Like many Americans I have ambivalent feelings about certain vegetables. Broccoli reminds me of some individuals I probably would not want to see again, spinach is associated with supercilious waiters at a place famous for its beef, and kale brings a popular meme to mind involving coconut oil and scraping the resultant mess into the garbage. Corn on the cob is kind of boring, and carrots are rather institutional. What this indicates is not only that I am peculiar, but many (most) Americans can't cook.
Broccoli and cheese sauce. Really?
There's a sweetness to the stems of brocolli that cheese destroys. But that's your solution to so many things, isn't it? Just add that horrible American excuse for cheese to everything.
Make it all taste like a greasy vegetarian cheeseburger.

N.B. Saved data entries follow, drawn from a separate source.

-- ===== src/Simulators/Anvil/Transfers.antt =====
-- anvil.go, `collect` and `delta`: the logs of a whole trace, and what an owner gains by them.
use mathlib.Core.List.{append_assoc, append-nil}
use epeius.Prelude.{
  ℕ, ◌+◌, String, ◌≡◌, ◌⊎◌, refl, sym, ap, ◌∙◌, Bool, true, false, Option, none, some, List, [],
  ◌∷◌, ◌++◌, ◌==◌, str_eq_iff, is_empty, if◌then◌else◌, Bool-cases, inl, inr, arith,
}
use epeius.Prelude.Int.{ℤ, pos, pos_part, neg_part, ◌-ℤ◌, int_laws}
use epeius.Simulators.Anvil.{
  Log, AnvilTrace, AnvilTraces, trace, no_more, and_then, collect, collect_all, transfer_of,
  add_transfer, add_logs,
}

-- The logs of a call and of the calls in it, in the order of the trace.
mutual
  pub events : AnvilTrace → List Log
  events (trace from to input error logs calls) = logs ++ all_events calls

  pub all_events : AnvilTraces → List Log
  all_events no_more = []
  all_events (and_then call calls) = events call ++ all_events calls

-- No call failed, at any depth.
mutual
  pub Succeeds : AnvilTrace → Type 0
  Succeeds (trace from to input error logs calls) = (error ≡ "") × AllSucceed calls

  pub AllSucceed : AnvilTraces → Type 0
  AllSucceed no_more = Unit
  AllSucceed (and_then call calls) = Succeeds call × AllSucceed calls

-- What `collect` has done: it has the logs of a trace in which every call succeeded, or it has stopped
-- at a call that failed.
abbrev Collected : List Log → List Log → Type 0 → Bool × List Log → Type 0
Collected before logs S r = ((r ≡ (true, before ++ logs)) × S) ⊎ ((r.0 ≡ false) × (S → ⊥))

within_call :
    (error : String) (before logs inner : List Log) (S : Type 0) (r : Bool × List Log)
    → Collected (before ++ logs) inner S r
    → Collected before
        (logs ++ inner)
        ((error ≡ "") × S)
        (if is_empty error then r else (false, before))
within_call error before logs inner S r h = elim (Bool-cases (is_empty error)) [
  | inr f ↦ rw f (inr (refl, λ s. cc ((str_eq_iff error "").1 s.0)))
  | inl t ↦ rw t (by_case ((str_eq_iff error "").0 t) h)
]
  where
    by_case :
        error ≡ ""
        → Collected (before ++ logs) inner S r
        → Collected before (logs ++ inner) ((error ≡ "") × S) r
    by_case fine (inl (e, s)) =
        inl (e ∙ ap (λ l. (true, l)) (append_assoc before logs inner), (fine, s))
    by_case fine (inr (e, refutes)) = inr (e, λ s. refutes s.1)

after_call :
    (before first second : List Log) (S T : Type 0) (r : Bool × List Log)
    (rest : List Log → Bool × List Log)
    → Collected before first S r
    → ((more : List Log) → Collected more second T (rest more))
    → Collected before (first ++ second) (S × T) (if r.0 then rest r.1 else (false, r.1))
after_call before first second S T (true, more) rest (inl (e, s)) h = by_case (h more)
  where
    same : more ≡ before ++ first
    same = ap (λ (p : Bool × List Log). p.1) e

    by_case :
        Collected more second T (rest more) → Collected before (first ++ second) (S × T) (rest more)
    by_case (inl (e', t)) = inl (
      e'
          ∙ ap (λ l. (true, l ++ second)) same
          ∙ ap (λ l. (true, l)) (append_assoc before first second),
      (s, t),
    )
    by_case (inr (e', refutes)) = inr (e', λ st. refutes st.1)
after_call before first second S T (false, more) rest (inl (e, s)) h =
    absurd (false_true (ap (λ (p : Bool × List Log). p.0) e))
  where
    false_true : false ≡ true → ⊥
    false_true q = cc
after_call before first second S T (true, more) rest (inr (e, refutes)) h = absurd (true_false e)
  where
    true_false : true ≡ false → ⊥
    true_false q = cc
after_call before first second S T (false, more) rest (inr (e, refutes)) h =
    inr (refl, λ st. refutes st.0)

mutual
  unfolding collect events Succeeds

  collect-Collected :
      (t : AnvilTrace) (before : List Log)
      → Collected before (events t) (Succeeds t) (collect t before)
  collect-Collected (trace from to input error logs calls) before =
      within_call error before logs (all_events calls) (AllSucceed calls) _
        (collect_all-Collected calls (before ++ logs))

  collect_all-Collected :
      (calls : AnvilTraces) (before : List Log)
      → Collected before (all_events calls) (AllSucceed calls) (collect_all calls before)
  collect_all-Collected no_more before =
      inl (ap (λ (l : List Log). (true, l)) (sym (append-nil before)), tt)
  collect_all-Collected (and_then call calls) before =
      after_call before (events call) (all_events calls) (Succeeds call) (AllSucceed calls)
        (collect call before) (λ more. collect_all calls more) (collect-Collected call before)
        (λ more. collect_all-Collected calls more)

pub collect_lem :
    (t : AnvilTrace)
    → ((collect t [] ≡ (true, events t)) × Succeeds t)
      ⊎ (((collect t []).0 ≡ false) × (Succeeds t → ⊥))
collect_lem t = collect-Collected t []

-- What an owner receives and sends by the transfers of a token that the logs record.
abbrev amount_to : ℕ → Option (ℕ × ℕ × ℕ) → ℕ
amount_to owner none = 0
amount_to owner (some (from, to, value)) = if to == owner then value else 0

abbrev amount_from : ℕ → Option (ℕ × ℕ × ℕ) → ℕ
amount_from owner none = 0
amount_from owner (some (from, to, value)) = if from == owner then value else 0

pub received : ℕ → ℕ → List Log → ℕ
received token owner [] = 0
received token owner (log ∷ logs) =
    amount_to owner (transfer_of token log.address log.bytes log.topics) + received token owner logs

pub sent : ℕ → ℕ → List Log → ℕ
sent token owner [] = 0
sent token owner (log ∷ logs) =
    amount_from owner (transfer_of token log.address log.bytes log.topics) + sent token owner logs

add_transfer_parts :
    (owner : ℕ) (t : Option (ℕ × ℕ × ℕ)) (z : ℤ)
    → pos_part (add_transfer owner t z) + neg_part z + amount_from owner t
      ≡ neg_part (add_transfer owner t z) + pos_part z + amount_to owner t
unfolding add_transfer
add_transfer_parts owner none z = omega arith
add_transfer_parts owner (some (from, to, value)) z = grind int_laws

add_logs_parts :
    (token owner : ℕ) (logs : List Log) (z : ℤ)
    → pos_part (add_logs token owner logs z) + neg_part z + sent token owner logs
      ≡ neg_part (add_logs token owner logs z) + pos_part z + received token owner logs
unfolding add_logs sent received
add_logs_parts token owner [] z = omega arith
add_logs_parts token owner (log ∷ logs) z = omega (
  arith,
  add_transfer_parts owner (transfer_of token log.address log.bytes log.topics) z,
  add_logs_parts token owner logs
      (add_transfer owner (transfer_of token log.address log.bytes log.topics) z),
)

-- The running sum over the logs is what the owner receives less what it sends.
pub add_logs_lem :
    (token owner : ℕ) (logs : List Log)
    → add_logs token owner logs (pos 0)
      ≡ pos (received token owner logs) -ℤ pos (sent token owner logs)
add_logs_lem token owner logs = grind (int_laws, add_logs_parts token owner logs (pos 0))
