-- ===== src/Simulators/Anvil/Evidence.antt =====
-- anvil.go, `Simulate`: what a simulated output is evidence of, and what each error tells.
use epeius.Prelude.{ℕ, ◌≡◌, ◌≢◌, true, Option, none, some, List, [], ◌∷◌}
use epeius.Prelude.Int.{ℤ, pos, ◌-ℤ◌, ◌≤ℤ◌}
use epeius.Prelude.Decimal.{int_text, parse_uint}
use epeius.Evm.{Evm, Bytes}
use epeius.Wire.{UnsignedTransaction}
use epeius.Store.{BalanceProbe, SimulationChecks}
use epeius.Engine.{Snapshot}
use epeius.Execution.Environment.{
  not_configured, service_unavailable, timed_out, evidence, input_amount, minimum_output,
  protected_balance, uncleared_allowance, other_error, Simulation, simulated, simulation_failed,
}
use epeius.Simulators.{Probing, valid_probe}
use epeius.Simulators.Anvil.{AnvilSimulator, AnvilTrace, TraceCall, is_of_call, is_traceable}
use epeius.Simulators.Anvil.Transfers.{events, Succeeds, received, sent}

module _ (c : Probing) (evm : Evm) (s : AnvilSimulator) (ask : TraceCall → Option AnvilTrace)
    (tx : UnsignedTransaction) (checks : SimulationChecks) (snapshot : Snapshot) where
  -- The call that is traced.
  pub record Asked : Type 0 where
    pub traceable : is_traceable evm s tx checks snapshot ≡ true
    pub is_hash : evm.is_hex_hash snapshot.block_hash ≡ true
    pub gas : ℕ
    pub input : Bytes
    pub of_gas : parse_uint tx.gas_limit ≡ some gas
    pub has_gas : gas ≢ 0
    pub of_input : c.decode_hex tx.calldata ≡ some input

  abbrev pub answer : Asked → Option AnvilTrace
  answer a = ask (record {
    from = tx.from;
    to = tx.to;
    calldata = tx.calldata;
    value = "0x0";
    gas = c.encode_uint64 a.gas;
    block = evm.hex_to_hash snapshot.block_hash;
  })

  -- The fork traced the call, and no call in it failed.
  pub record Traced : Type 0 where
    pub asked : Asked
    pub whole : AnvilTrace
    pub answered : answer asked ≡ some whole
    pub of_call : is_of_call c evm tx asked.input whole ≡ true
    pub succeeds : Succeeds whole

  -- What the owner of a probe gains of its token by the transfers of the trace.
  abbrev pub gain : AnvilTrace → BalanceProbe → ℤ
  gain t probe =
      pos (received (evm.hex_to_address probe.token) (evm.hex_to_address probe.owner) (events t))
      -ℤ pos (sent (evm.hex_to_address probe.token) (evm.hex_to_address probe.owner) (events t))

  abbrev pub IsUnchanged : AnvilTrace → List BalanceProbe → Type 0
  IsUnchanged t [] = Unit
  IsUnchanged t (probe ∷ probes) =
      (valid_probe evm probe ≡ true) × (gain t probe ≡ pos 0) × IsUnchanged t probes

  module _ (amount minimum : ℤ) where
    abbrev pub Spends : Traced → Type 0
    Spends r = (valid_probe evm checks.input ≡ true) × (pos 0 -ℤ gain r.whole checks.input ≡ amount)

    abbrev pub Gains : Traced → Type 0
    Gains r = (valid_probe evm checks.output ≡ true) × (minimum ≤ℤ gain r.whole checks.output)

    -- What `Simulate` tells by each of its results.
    abbrev pub Shows : Simulation → Type 0
    Shows (simulated text) =
        (r : Traced) × Spends r
        × Gains r
        × IsUnchanged r.whole checks.preserve
        × (text ≡ int_text (gain r.whole checks.output))
    Shows (simulation_failed service_unavailable) = (a : Asked) × (answer a ≡ none)
    Shows (simulation_failed evidence) = Traced → ⊥
    Shows (simulation_failed input_amount) = (r : Traced) × (Spends r → ⊥)
    Shows (simulation_failed minimum_output) = (r : Traced) × Spends r × (Gains r → ⊥)
    Shows (simulation_failed protected_balance) =
        (r : Traced) × Spends r × Gains r × (IsUnchanged r.whole checks.preserve → ⊥)
    Shows (simulation_failed not_configured) = ⊥
    Shows (simulation_failed timed_out) = ⊥
    Shows (simulation_failed uncleared_allowance) = ⊥
    Shows (simulation_failed other_error) = ⊥
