-- ===== src/Slipstream/Chained.antt =====
-- slipstream.go with calldata.go: the legs of a quote pack into the router's path.
use epeius.Prelude.{
  ℕ, ◌<◌, ◌^◌, String, ◌≡◌, refl, sym, ap, ◌∙◌, true, none, some, List, [], ◌∷◌, length,
}
use epeius.Prelude.Int.{ℤ, pos}
use epeius.Config.{Deployment}
use epeius.Evm.{Evm, Bytes, Reader, valid_address}
use epeius.Executor.Folded.{equal_fold_self}
use epeius.Wire.{RouteLeg, tick_spacing}
use epeius.Path.{
  slipstream_path, pack_path, pack_legs, spacing_word, spacing_bits, join_leg, with_word, prepend,
}
use epeius.Path.Decode.{decode, slipstream_path-decode}
use epeius.V3Quoter.{answers}
use epeius.V3Quoter.Inversion.{answers_injective, >>=-eq-answers}
use epeius.Slipstream.{SlipstreamCalls, quote, quote_path}

-- Addresses that the engine prints are valid, and read back.
pub record Prints (evm : Evm) : Type 0 where
  pub valid : (a : ℕ) → valid_address evm (evm.address_hex a) ≡ true
  pub reads_back : (a : ℕ) → a < 2 ^ 160 → evm.hex_to_address (evm.address_hex a) ≡ a
  pub is_address : (text : String) → evm.hex_to_address text < 2 ^ 160

module _ (c : SlipstreamCalls) (reader : Reader) (hash : ℕ) (evm : Evm) (d : Deployment) where
  -- The legs through these pools.
  abbrev leg_of : ℕ → ℕ → ℕ → ℤ → RouteLeg
  leg_of pool a b spacing = record {
    pool = evm.address_hex pool;
    token_in = evm.address_hex a;
    token_out = evm.address_hex b;
    selector = some (tick_spacing spacing);
    uniswap_v4_pool_key = none;
  }

  quote_path-cons :
      (a b : ℕ) (tokens : List ℕ) (s : ℤ) (spacings : List ℤ) (amount : ℤ) (legs : List RouteLeg)
      (output : ℤ)
      → quote_path c reader hash evm d a (b ∷ tokens) (s ∷ spacings) amount ≡ answers (legs, output)
      → (pool : ℕ) × (n : ℕ) × (rest : List RouteLeg) × (quote c reader hash evm d a b amount s
          ≡ answers (pool, n))
        × (quote_path c reader hash evm d b tokens spacings (pos n) ≡ answers (rest, output))
        × (legs ≡ leg_of pool a b s ∷ rest)
  unfolding quote_path
  quote_path-cons a b tokens s spacings amount legs output h =
      let (hop, quoted, h1) = >>=-eq-answers (quote c reader hash evm d a b amount s) _ h in
      let (rest, later, h2) =
        >>=-eq-answers (quote_path c reader hash evm d b tokens spacings (pos hop.1)) _ h1 in
      let e = answers_injective h2 in
      (
        hop.0,
        hop.1,
        rest.0,
        quoted,
        later ∙ ap (λ (o : ℤ). answers (rest.0, o)) (ap (λ (r : List RouteLeg × ℤ). r.1) e),
        sym (ap (λ (r : List RouteLeg × ℤ). r.0) e),
      )

  quote_path-nil :
      (a : ℕ) (tokens : List ℕ) (amount : ℤ) (legs : List RouteLeg) (output : ℤ)
      → quote_path c reader hash evm d a tokens [] amount ≡ answers (legs, output)
      → (legs ≡ []) × (output ≡ amount)
  unfolding quote_path
  quote_path-nil a tokens amount legs output h =
      let e = answers_injective h in
      (sym (ap (λ (r : List RouteLeg × ℤ). r.0) e), sym (ap (λ (r : List RouteLeg × ℤ). r.1) e))

-- A path of one hop, or of two through a token.
pub data Way : Type 0 where
  direct : ℤ → Way
  split : ℤ → ℕ → ℤ → Way

abbrev pub tokens_of : Way → ℕ → List ℕ
tokens_of (direct s) out = out ∷ []
tokens_of (split s via t) out = via ∷ (out ∷ [])

abbrev pub spacings_of : Way → List ℤ
spacings_of (direct s) = s ∷ []
spacings_of (split s via t) = s ∷ (t ∷ [])

-- The spacings fit the path's words, and the token between is an address.
abbrev pub Fits : Way → ℕ → ℕ → Type 0
Fits (direct s) word next = (spacing_bits s ≡ some word) × (next ≡ 0)
Fits (split s via t) word next =
    (spacing_bits s ≡ some word) × (spacing_bits t ≡ some next) × (via < 2 ^ 160)

abbrev pub hops : Way → ℕ → ℕ → ℕ → List (ℕ × ℕ)
hops (direct s) a word next = (a, word) ∷ []
hops (split s via t) a word next = (a, word) ∷ ((via, next) ∷ [])

module _ (evm : Evm) (prints : Prints evm) where
  -- The legs of the way through these pools.
  abbrev legs_of : Way → ℕ → ℕ → ℕ → ℕ → List RouteLeg
  legs_of (direct s) a out pool other =
      record {
        pool = evm.address_hex pool;
        token_in = evm.address_hex a;
        token_out = evm.address_hex out;
        selector = some (tick_spacing s);
        uniswap_v4_pool_key = none;
      }
      ∷ []
  legs_of (split s via t) a out pool other =
      record {
        pool = evm.address_hex pool;
        token_in = evm.address_hex a;
        token_out = evm.address_hex via;
        selector = some (tick_spacing s);
        uniswap_v4_pool_key = none;
      }
      ∷ (record {
        pool = evm.address_hex other;
        token_in = evm.address_hex via;
        token_out = evm.address_hex out;
        selector = some (tick_spacing t);
        uniswap_v4_pool_key = none;
      }
          ∷ [])

  legs_of-packs :
      (way : Way) (a out pool other word next : ℕ)
      → Fits way word next
      → (path : Bytes) × (slipstream_path evm (legs_of way a out pool other) ≡ some path)
  unfolding slipstream_path pack_path pack_legs spacing_word join_leg with_word prepend
  legs_of-packs (direct s) a out pool other word next (fits, zero_next) =
      rw (fits, prints.valid a, prints.valid out) (_, refl)
  legs_of-packs (split s via t) a out pool other word next (fits, more, small) =
      rw
        (
          fits,
          more,
          prints.valid a,
          prints.valid out,
          prints.valid via,
          equal_fold_self (evm.address_hex via),
        )
        (_, refl)

  legs_of-decodes :
      (way : Way) (a out pool other word next : ℕ) (path : Bytes)
      → Fits way word next
      → a < 2 ^ 160
      → out < 2 ^ 160
      → slipstream_path evm (legs_of way a out pool other) ≡ some path
      → decode (length (spacings_of way)) path ≡ (hops way a word next, (out, []))
  unfolding spacing_word
  legs_of-decodes (direct s) a out pool other word next path (fits, zero_next) small_a small_out h =
      (slipstream_path-decode evm prints.is_address _ _ path h).0
      ∙ rw (fits, prints.reads_back a small_a, prints.reads_back out small_out)
  legs_of-decodes (split s via t) a out pool other word next path (fits, more, small) small_a
        small_out h =
      (slipstream_path-decode evm prints.is_address _ _ path h).0
      ∙ rw (
        fits,
        more,
        prints.reads_back a small_a,
        prints.reads_back out small_out,
        prints.reads_back via small,
      )

  -- A quote's legs, with the outputs of the hops: each hop is quoted on the output of the one before.
  abbrev pub Quoted : SlipstreamCalls → Reader → ℕ → Deployment → Way → ℕ → ℕ → ℤ → ℤ → Type 0
  Quoted c reader hash d (direct s) a out amount output =
      (pool : ℕ) × (n : ℕ) × (quote c reader hash evm d a out amount s ≡ answers (pool, n))
      × (output ≡ pos n)
  Quoted c reader hash d (split s via t) a out amount output =
      (pool : ℕ) × (n : ℕ) × (quote c reader hash evm d a via amount s ≡ answers (pool, n))
      × (other : ℕ) × (m : ℕ) × (quote c reader hash evm d via out (pos n) t ≡ answers (other, m))
      × (output ≡ pos m)

  quote_path-legs_of :
      (c : SlipstreamCalls) (reader : Reader) (hash : ℕ) (d : Deployment) (way : Way) (a out : ℕ)
      (amount : ℤ) (legs : List RouteLeg) (output : ℤ)
      → quote_path c reader hash evm d a (tokens_of way out) (spacings_of way) amount
        ≡ answers (legs, output)
      → (pool : ℕ) × (other : ℕ) × (legs ≡ legs_of way a out pool other)
        × Quoted c reader hash d way a out amount output
  quote_path-legs_of c reader hash d (direct s) a out amount legs output h =
      let (pool, n, rest, quoted, later, e) =
        quote_path-cons c reader hash evm d a out [] s [] amount legs output h in
      let (no_rest, is_output) =
        quote_path-nil c reader hash evm d out [] (pos n) rest output later in
      (
        pool,
        0,
        e ∙ ap (λ (r : List RouteLeg). leg_of c reader hash evm d pool a out s ∷ r) no_rest,
        (pool, n, quoted, is_output),
      )
  quote_path-legs_of c reader hash d (split s via t) a out amount legs output h =
      let (pool, n, rest, quoted, later, e) =
        quote_path-cons c reader hash evm d a via (out ∷ []) s (t ∷ []) amount legs output h in
      let (other, m, last, quoted', later', e') =
        quote_path-cons c reader hash evm d via out [] t [] (pos n) rest output later in
      let (no_rest, is_output) =
        quote_path-nil c reader hash evm d out [] (pos m) last output later' in
      (
        pool,
        other,
        e
            ∙ ap (λ (r : List RouteLeg). leg_of c reader hash evm d pool a via s ∷ r)
                (e'
                  ∙ ap (λ (r : List RouteLeg). leg_of c reader hash evm d other via out t ∷ r)
                      no_rest),
        (pool, n, quoted, other, m, quoted', is_output),
      )

-- A quote along a path of one or two hops, as the candidates have them, asks for the second hop with the
-- output of the first, and its legs pack into a path for the router, which reads back as the
-- tokens of the path with the words of their tick spacings, and the output token last. Addresses below
-- 2^160 are taken to be printed as valid text that reads back, and the spacings to be within 24 bits.
pub quote_path-packs :
    (evm : Evm) (prints : Prints evm) (c : SlipstreamCalls) (reader : Reader) (hash : ℕ)
    (d : Deployment) (way : Way) (a out word next : ℕ) (amount : ℤ) (legs : List RouteLeg)
    (output : ℤ)
    → Fits way word next
    → a < 2 ^ 160
    → out < 2 ^ 160
    → quote_path c reader hash evm d a (tokens_of way out) (spacings_of way) amount
      ≡ answers (legs, output)
    → Quoted evm prints c reader hash d way a out amount output
      × ((path : Bytes) × (slipstream_path evm legs ≡ some path)
          × (decode (length (spacings_of way)) path ≡ (hops way a word next, (out, []))))
quote_path-packs evm prints c reader hash d way a out word next amount legs output fits small_a
      small_out h =
    let (pool, other, e, quoted) =
      quote_path-legs_of evm prints c reader hash d way a out amount legs output h in
    let (path, packs) = legs_of-packs evm prints way a out pool other word next fits in
    (
      quoted,
      (
        path,
        ap (slipstream_path evm) e ∙ packs,
        legs_of-decodes evm prints way a out pool other word next path fits small_a small_out packs,
      ),
    )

Or osterize it and make a cream soup.
Kale is actually extremely tasty sautéed with garlic, chopped fatty pork, chili paste, and shrimp sauce. Actually, any vegetable benefits from that treatment. Add a splash of sherry and some stock before it browns, and simmer a little longer.
Even cauliflower. What you lot have been doing to cauliflower is criminal.
No wonder it wants to take you out back and beat your ass.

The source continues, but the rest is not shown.